Pantauan via Blackberry ini membuatnya bisa mendapatkan panduan untuk memilih jalan tepat untuk mengindari macet.
Menyempitnya jalan di sekitar situ diperparah oleh operasi parkir sepeda motor di sepanjang trotoar jalan. Para pengendara pun terpaksa melambatkan laju kendaraannya.
Eka prasetya (25), pengendara sepeda motor warga Pondok Labu yang saya temui di jongko minuman di pinggir jalan, menyatakan pasrah dengan keadaan ini. "Ibaratnya maju kena mundur kena," katanya.

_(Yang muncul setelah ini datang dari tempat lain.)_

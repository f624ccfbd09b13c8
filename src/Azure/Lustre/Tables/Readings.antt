-- ===== src/Azure/Lustre/Tables/Readings.antt =====
-- The readings of a response in their order, of which the tables are filled.
use azure_lustre_vmss_metric.Prelude.{
  String, ◌≡◌, refl, sym, ap, ◌∙◌, fun_ext, Option, none, some, List, [], ◌∷◌, ◌++◌, string_eq,
  pair_eq, if◌then◌else◌, Bool-cases, inl, inr,
}
use azure_lustre_vmss_metric.Prelude.Sets.{contains}
use azure_lustre_vmss_metric.Prelude.Number.{Floats}
use azure_lustre_vmss_metric.Prelude.Result.{Result, ok, err, ◌>>=◌, fold}
use azure_lustre_vmss_metric.Azure.Value.{Value, Python, iter_sequence_attr}
use azure_lustre_vmss_metric.Azure.Lustre.Names.{lustre_metrics}
use azure_lustre_vmss_metric.Azure.Lustre.Series.{metric_name, latest_metric_value}
use azure_lustre_vmss_metric.Azure.Lustre.Tables.{
  Tables, Target, empty_tables, store, target_of, store_latest, add_named, add_series, add_metric,
  fill_tables,
}

-- The metric, its latest value, and where it goes.
abbrev pub Reading : Type 0 → Type 0
Reading F = String × (F × Option F) × Option Target

module _ {F : Type 0} (floats : Floats F) (py : Python F) where
  abbrev reading_of : String → Value F → Option (F × Option F) → List (Reading F)
  reading_of metric time_series none = []
  reading_of metric time_series (some latest) =
      (metric, latest, target_of floats py metric time_series) ∷ []

  abbrev series_readings : String → List (Value F) → Result String (List (Reading F))
  series_readings metric [] = ok []
  series_readings metric (time_series ∷ rest) =
      latest_metric_value floats py metric time_series >>= λ latest.
      series_readings metric rest >>= λ later. ok (reading_of metric time_series latest ++ later)

  abbrev named_readings : Option String → Value F → Result String (List (Reading F))
  named_readings none metric = ok []
  named_readings (some name) metric =
      if contains lustre_metrics name
      then series_readings name (iter_sequence_attr metric "timeseries" (some "time_series"))
      else ok []

  abbrev metrics_readings : List (Value F) → Result String (List (Reading F))
  metrics_readings [] = ok []
  metrics_readings (metric ∷ rest) = named_readings (metric_name py metric) metric >>= λ first.
      metrics_readings rest >>= λ later. ok (first ++ later)

  -- The latest value of every time series of a known metric.
  unfoldable pub readings : Value F → Result String (List (Reading F))
  readings response = metrics_readings (iter_sequence_attr response "metrics" none)

module _ {F : Type 0} (floats : Floats F) where
  unfoldable pub store_all : List (Reading F) → Tables F → Tables F
  store_all [] tables = tables
  store_all ((metric, latest, target) ∷ rest) tables =
      store_all rest (store floats metric latest target tables)

  store_all-append :
      (xs ys : List (Reading F)) (tables : Tables F)
      → store_all (xs ++ ys) tables ≡ store_all ys (store_all xs tables)
  unfolding store_all
  store_all-append [] ys tables = refl
  store_all-append ((m, l, t) ∷ xs) ys tables = store_all-append xs ys _

-- `store_all` of what is read, as a step of a loop.
module _ {F : Type 0} (floats : Floats F) (py : Python F) where
  abbrev stored : Result String (List (Reading F)) → Tables F → Result String (Tables F)
  stored rs tables = rs >>= λ xs. ok (store_all floats xs tables)

  stored-then :
      (xs ys : Result String (List (Reading F))) (tables : Tables F)
      → (stored xs tables >>= λ t. stored ys t)
        ≡ stored (xs >>= λ first. ys >>= λ later. ok (first ++ later)) tables
  stored-then (err x) ys tables = refl
  stored-then (ok xs) (err y) tables = refl
  stored-then (ok xs) (ok ys) tables = ap ok (sym (store_all-append floats xs ys tables))

  -- One time series, whatever its latest value came to.
  store_latest-stored :
      (r : Result String (Option (F × Option F))) (metric : String) (time_series : Value F)
      (tables : Tables F)
      → (r >>= λ latest. store_latest floats py metric time_series latest tables)
        ≡ stored (r >>= λ latest. ok (reading_of floats py metric time_series latest)) tables
  unfolding store_all
  store_latest-stored (err x) metric time_series tables = refl
  store_latest-stored (ok none) metric time_series tables = refl
  store_latest-stored (ok (some latest)) metric time_series tables = refl

  series-stored :
      (r : Result String (Option (F × Option F))) (metric : String) (time_series : Value F)
      (rest : List (Value F)) (tables : Tables F)
      → ((t : Tables F)
          → fold (add_series floats py metric) rest t
            ≡ stored (series_readings floats py metric rest) t)
      → ((r >>= λ latest. store_latest floats py metric time_series latest tables) >>= λ t.
          fold (add_series floats py metric) rest t)
        ≡ stored
            (r >>= λ latest. series_readings floats py metric rest >>= λ later.
              ok (reading_of floats py metric time_series latest ++ later))
            tables
  series-stored (err x) metric time_series rest tables later = refl
  series-stored (ok latest) metric time_series rest tables later =
      ap (λ u. u >>= λ t. fold (add_series floats py metric) rest t)
        (store_latest-stored (ok latest) metric time_series tables)
      ∙ later _
      ∙ stored-then (ok (reading_of floats py metric time_series latest))
          (series_readings floats py metric rest) tables

  fold-add_series :
      (metric : String) (series : List (Value F)) (tables : Tables F)
      → fold (add_series floats py metric) series tables
        ≡ stored (series_readings floats py metric series) tables
  unfolding add_series store_all
  fold-add_series metric [] tables = refl
  fold-add_series metric (time_series ∷ rest) tables =
      series-stored (latest_metric_value floats py metric time_series) metric time_series rest
        tables (fold-add_series metric rest)

  add_named-stored :
      (name : Option String) (metric : Value F) (tables : Tables F)
      → add_named floats py name metric tables
        ≡ stored (named_readings floats py name metric) tables
  unfolding store_all
  add_named-stored none metric tables = refl
  add_named-stored (some name) metric tables = elim (Bool-cases (contains lustre_metrics name)) [
    | inl is ↦ rw is (fold-add_series name _ tables)
    | inr isnt ↦ rw isnt refl
  ]

  fold-add_metric :
      (metrics : List (Value F)) (tables : Tables F)
      → fold (add_metric floats py) metrics tables
        ≡ stored (metrics_readings floats py metrics) tables
  unfolding add_metric store_all
  fold-add_metric [] tables = refl
  fold-add_metric (metric ∷ rest) tables =
      ap (λ u. u >>= λ t. fold (add_metric floats py) rest t)
        (add_named-stored (metric_name py metric) metric tables)
      ∙ ap (λ f. stored (named_readings floats py (metric_name py metric) metric) tables >>= f)
          (fun_ext (fold-add_metric rest))
      ∙ stored-then (named_readings floats py (metric_name py metric) metric)
          (metrics_readings floats py rest) tables

  -- The tables are filled with the readings of the response, one after the other, and a response
  -- that cannot be read raises what reading it raises.
  pub fill_tables-readings :
      (response : Value F)
      → fill_tables floats py response
        ≡ (readings floats py response >>= λ rs. ok (store_all floats rs empty_tables))
  unfolding fill_tables readings
  fill_tables-readings response =
      fold-add_metric (iter_sequence_attr response "metrics" none) empty_tables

Menurutnya, dari kawasan Fatmawati hingga Mega Kuningan yang jaraknya kira-kira 20 km, tak ada jalan yang tak macet.
Namun yang sering membuatnya frustasi adalah saat jam pulang kantor tiba. Jalur "sependek itu" --jika dibandingkan jarak Bandung-Jakarta yang 130 km-- harus ditempuhnya selama 2 jam.
"Saya coba semua celah yang kosong bahkan sampai ke trotoar tetapi waktu yang saya tempuh tetap saja sama, saya akhirnya pasrah aja." katanya.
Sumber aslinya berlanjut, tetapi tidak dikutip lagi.